→ **TASK REQUIREMENTS**
Only the lines below between the ones containing "queue = a.queue;" and "unfolding page_status next_page if_good", inclusive, are to be reproduced, each exactly as it stands.

→ **DATA FOR ANALYSIS**
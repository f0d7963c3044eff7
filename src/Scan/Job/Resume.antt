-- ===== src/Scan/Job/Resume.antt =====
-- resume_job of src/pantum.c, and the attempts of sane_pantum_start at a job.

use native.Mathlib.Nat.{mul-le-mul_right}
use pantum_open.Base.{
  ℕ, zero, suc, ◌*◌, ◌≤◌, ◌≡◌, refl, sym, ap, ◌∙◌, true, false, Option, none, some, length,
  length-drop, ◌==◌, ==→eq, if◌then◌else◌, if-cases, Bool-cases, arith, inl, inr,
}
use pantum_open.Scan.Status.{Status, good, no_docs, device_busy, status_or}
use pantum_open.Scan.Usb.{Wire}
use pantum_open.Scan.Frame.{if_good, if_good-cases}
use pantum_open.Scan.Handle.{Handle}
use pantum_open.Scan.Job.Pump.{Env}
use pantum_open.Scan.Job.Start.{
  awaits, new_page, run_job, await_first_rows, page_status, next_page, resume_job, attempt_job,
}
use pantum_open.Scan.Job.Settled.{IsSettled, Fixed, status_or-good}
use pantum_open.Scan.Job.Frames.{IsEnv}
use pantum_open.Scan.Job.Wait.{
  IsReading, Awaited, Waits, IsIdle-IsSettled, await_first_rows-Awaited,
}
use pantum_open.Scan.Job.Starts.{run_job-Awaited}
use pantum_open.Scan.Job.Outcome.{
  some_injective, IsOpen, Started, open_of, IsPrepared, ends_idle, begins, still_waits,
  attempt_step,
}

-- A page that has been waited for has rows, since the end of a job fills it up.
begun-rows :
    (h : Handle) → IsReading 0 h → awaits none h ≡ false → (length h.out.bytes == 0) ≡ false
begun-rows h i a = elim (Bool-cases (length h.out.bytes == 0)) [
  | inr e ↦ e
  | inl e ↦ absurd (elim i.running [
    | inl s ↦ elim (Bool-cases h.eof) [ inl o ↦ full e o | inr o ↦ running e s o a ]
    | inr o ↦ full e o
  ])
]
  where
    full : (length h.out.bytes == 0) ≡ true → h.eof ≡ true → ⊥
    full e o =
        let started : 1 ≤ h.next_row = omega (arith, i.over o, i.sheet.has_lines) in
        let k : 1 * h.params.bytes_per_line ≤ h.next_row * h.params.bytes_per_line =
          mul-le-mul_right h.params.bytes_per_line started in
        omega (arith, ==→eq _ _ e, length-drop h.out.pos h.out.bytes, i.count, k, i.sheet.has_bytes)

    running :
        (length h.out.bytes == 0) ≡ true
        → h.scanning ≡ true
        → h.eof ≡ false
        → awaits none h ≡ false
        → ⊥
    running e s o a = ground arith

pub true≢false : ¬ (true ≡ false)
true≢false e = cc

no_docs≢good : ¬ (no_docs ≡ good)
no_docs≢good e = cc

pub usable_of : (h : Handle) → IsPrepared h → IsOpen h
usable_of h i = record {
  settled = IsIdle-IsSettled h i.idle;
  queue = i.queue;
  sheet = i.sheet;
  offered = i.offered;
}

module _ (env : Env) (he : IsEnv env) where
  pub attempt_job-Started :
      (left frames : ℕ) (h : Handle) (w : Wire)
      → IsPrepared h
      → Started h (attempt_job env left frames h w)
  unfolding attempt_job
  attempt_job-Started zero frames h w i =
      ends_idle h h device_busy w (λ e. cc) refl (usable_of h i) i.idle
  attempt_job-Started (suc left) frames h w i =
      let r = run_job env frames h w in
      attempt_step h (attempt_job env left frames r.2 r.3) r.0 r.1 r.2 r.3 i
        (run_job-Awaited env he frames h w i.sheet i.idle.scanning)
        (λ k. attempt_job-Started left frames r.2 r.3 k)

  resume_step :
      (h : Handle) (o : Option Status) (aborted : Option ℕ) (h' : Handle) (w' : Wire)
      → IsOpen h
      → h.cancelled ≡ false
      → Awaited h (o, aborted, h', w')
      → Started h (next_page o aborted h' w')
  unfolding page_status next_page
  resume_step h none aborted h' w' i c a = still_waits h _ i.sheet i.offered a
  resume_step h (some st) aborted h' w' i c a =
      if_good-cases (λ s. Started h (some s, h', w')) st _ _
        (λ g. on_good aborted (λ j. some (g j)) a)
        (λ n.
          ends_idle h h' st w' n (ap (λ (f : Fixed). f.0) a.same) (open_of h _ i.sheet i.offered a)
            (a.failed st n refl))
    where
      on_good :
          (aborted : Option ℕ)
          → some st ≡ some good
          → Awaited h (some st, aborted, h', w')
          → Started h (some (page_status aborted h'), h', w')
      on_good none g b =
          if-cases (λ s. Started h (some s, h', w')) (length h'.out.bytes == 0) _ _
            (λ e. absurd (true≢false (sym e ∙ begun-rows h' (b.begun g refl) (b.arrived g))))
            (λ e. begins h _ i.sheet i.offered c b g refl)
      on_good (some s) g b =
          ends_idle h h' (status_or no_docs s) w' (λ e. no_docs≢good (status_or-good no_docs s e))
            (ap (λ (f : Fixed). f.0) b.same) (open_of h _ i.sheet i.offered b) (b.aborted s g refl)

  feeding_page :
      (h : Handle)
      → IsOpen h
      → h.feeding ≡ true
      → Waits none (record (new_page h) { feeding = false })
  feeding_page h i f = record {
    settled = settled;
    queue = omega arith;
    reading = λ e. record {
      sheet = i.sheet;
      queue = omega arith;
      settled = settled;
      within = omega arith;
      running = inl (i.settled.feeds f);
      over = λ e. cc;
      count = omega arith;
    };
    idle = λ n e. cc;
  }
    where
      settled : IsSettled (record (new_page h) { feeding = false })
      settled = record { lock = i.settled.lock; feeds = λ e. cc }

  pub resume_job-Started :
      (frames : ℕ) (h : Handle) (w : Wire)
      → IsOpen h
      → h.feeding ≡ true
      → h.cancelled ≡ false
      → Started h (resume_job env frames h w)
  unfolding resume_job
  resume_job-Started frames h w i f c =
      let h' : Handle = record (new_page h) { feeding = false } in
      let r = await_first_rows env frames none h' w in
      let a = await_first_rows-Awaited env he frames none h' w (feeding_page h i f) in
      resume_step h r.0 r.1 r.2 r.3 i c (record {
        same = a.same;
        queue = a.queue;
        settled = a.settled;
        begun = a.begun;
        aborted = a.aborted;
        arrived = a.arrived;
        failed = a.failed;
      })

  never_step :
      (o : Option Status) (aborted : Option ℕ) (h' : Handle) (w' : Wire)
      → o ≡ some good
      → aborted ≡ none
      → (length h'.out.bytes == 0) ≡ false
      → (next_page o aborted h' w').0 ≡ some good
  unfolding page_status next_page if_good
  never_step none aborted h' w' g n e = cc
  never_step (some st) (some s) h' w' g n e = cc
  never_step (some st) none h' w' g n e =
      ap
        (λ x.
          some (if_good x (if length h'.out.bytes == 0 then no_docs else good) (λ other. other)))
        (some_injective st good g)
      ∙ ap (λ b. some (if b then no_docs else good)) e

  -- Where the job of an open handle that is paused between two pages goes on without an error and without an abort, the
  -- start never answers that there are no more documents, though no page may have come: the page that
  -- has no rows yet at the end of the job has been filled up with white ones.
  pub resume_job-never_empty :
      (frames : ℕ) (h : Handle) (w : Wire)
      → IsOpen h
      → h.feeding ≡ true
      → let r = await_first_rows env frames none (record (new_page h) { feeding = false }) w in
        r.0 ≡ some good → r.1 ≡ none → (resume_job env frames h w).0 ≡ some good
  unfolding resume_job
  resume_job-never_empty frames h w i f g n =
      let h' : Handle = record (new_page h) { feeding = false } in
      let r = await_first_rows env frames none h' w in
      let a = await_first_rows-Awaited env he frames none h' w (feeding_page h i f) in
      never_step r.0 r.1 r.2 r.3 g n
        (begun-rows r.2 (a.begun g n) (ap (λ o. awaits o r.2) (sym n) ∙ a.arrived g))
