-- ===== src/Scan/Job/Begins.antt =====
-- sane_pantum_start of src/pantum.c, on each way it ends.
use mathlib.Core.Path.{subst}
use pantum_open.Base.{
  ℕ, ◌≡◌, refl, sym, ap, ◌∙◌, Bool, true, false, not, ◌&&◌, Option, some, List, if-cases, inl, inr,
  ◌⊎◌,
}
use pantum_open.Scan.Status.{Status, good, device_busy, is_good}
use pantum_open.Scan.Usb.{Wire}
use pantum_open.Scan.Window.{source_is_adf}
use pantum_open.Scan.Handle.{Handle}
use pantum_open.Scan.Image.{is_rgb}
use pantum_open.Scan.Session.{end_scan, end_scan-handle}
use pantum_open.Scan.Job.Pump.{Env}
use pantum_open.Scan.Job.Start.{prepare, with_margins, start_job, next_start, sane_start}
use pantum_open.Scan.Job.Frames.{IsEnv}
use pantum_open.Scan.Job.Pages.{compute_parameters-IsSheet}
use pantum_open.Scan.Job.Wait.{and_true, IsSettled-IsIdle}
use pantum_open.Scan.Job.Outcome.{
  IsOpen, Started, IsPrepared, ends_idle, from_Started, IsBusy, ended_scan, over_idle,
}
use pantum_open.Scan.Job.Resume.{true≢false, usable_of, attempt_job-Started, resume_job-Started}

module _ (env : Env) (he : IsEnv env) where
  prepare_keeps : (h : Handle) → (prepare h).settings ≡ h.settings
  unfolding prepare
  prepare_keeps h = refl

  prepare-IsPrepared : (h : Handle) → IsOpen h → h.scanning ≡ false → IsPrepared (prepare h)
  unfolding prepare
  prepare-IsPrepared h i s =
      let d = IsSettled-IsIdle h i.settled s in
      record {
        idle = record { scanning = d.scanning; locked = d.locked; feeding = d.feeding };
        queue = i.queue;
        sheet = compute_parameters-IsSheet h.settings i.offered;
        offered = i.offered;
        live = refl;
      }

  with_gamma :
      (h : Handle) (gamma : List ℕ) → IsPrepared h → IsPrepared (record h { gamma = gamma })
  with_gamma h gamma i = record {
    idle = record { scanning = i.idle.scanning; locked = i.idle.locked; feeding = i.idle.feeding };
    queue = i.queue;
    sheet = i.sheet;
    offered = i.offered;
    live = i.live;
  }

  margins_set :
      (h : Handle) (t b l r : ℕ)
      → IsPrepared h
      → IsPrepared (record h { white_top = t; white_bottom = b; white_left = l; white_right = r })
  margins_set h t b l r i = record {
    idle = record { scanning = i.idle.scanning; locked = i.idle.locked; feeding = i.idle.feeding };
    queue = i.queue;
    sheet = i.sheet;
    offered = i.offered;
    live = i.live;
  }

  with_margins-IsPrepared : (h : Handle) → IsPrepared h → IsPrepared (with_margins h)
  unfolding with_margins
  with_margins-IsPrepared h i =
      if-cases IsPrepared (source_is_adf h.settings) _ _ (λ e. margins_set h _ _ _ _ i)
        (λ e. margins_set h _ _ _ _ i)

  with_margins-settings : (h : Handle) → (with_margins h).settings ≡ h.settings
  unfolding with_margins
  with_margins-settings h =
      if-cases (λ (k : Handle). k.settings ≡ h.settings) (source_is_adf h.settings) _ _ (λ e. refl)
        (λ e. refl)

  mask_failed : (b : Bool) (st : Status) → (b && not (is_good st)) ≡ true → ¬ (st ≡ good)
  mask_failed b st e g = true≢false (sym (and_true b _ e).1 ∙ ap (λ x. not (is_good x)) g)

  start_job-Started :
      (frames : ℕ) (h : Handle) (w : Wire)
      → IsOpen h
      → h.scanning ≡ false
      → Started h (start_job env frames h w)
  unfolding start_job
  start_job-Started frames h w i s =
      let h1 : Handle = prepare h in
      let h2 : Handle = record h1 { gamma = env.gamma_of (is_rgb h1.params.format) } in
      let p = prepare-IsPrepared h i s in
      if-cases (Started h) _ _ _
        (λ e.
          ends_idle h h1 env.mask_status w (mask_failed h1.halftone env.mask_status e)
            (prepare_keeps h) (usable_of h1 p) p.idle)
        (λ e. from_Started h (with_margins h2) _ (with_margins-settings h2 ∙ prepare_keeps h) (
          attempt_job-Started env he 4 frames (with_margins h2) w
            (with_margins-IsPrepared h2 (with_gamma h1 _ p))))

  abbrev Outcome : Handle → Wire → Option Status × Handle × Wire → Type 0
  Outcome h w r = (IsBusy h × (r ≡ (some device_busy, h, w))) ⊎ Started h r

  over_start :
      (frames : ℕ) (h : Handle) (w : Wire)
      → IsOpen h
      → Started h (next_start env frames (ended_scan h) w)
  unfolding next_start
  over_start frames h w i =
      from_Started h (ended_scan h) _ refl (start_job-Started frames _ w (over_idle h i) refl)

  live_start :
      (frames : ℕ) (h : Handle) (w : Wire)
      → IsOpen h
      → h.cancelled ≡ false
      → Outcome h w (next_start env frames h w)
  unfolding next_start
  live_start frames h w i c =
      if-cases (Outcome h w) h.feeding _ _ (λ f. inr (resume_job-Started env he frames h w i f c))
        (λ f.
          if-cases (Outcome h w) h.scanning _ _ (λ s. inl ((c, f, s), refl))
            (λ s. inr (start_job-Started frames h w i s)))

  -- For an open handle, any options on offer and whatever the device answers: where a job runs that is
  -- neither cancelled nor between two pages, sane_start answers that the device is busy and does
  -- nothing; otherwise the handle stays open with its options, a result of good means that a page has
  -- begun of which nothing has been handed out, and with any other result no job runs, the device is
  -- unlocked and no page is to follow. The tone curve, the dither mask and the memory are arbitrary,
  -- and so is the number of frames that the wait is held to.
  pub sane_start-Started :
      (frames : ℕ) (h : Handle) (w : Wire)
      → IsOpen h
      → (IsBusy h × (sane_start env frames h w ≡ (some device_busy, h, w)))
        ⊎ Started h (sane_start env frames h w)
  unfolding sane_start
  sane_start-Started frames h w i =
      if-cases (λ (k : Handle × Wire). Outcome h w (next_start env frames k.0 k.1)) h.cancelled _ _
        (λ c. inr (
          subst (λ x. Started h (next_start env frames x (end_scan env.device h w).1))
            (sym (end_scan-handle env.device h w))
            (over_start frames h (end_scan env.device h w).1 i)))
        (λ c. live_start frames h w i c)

→ **ANSWER TO THIS EXERCISE**
        queue = a.queue;
        settled = a.settled;
        begun = a.begun;
        aborted = a.aborted;
        arrived = a.arrived;
        failed = a.failed;
      })

  never_step :
      (o : Option Status) (aborted : Option ℕ) (h' : Handle) (w' : Wire)
      → o ≡ some good
      → aborted ≡ none
      → (length h'.out.bytes == 0) ≡ false
      → (next_page o aborted h' w').0 ≡ some good
  unfolding page_status next_page if_good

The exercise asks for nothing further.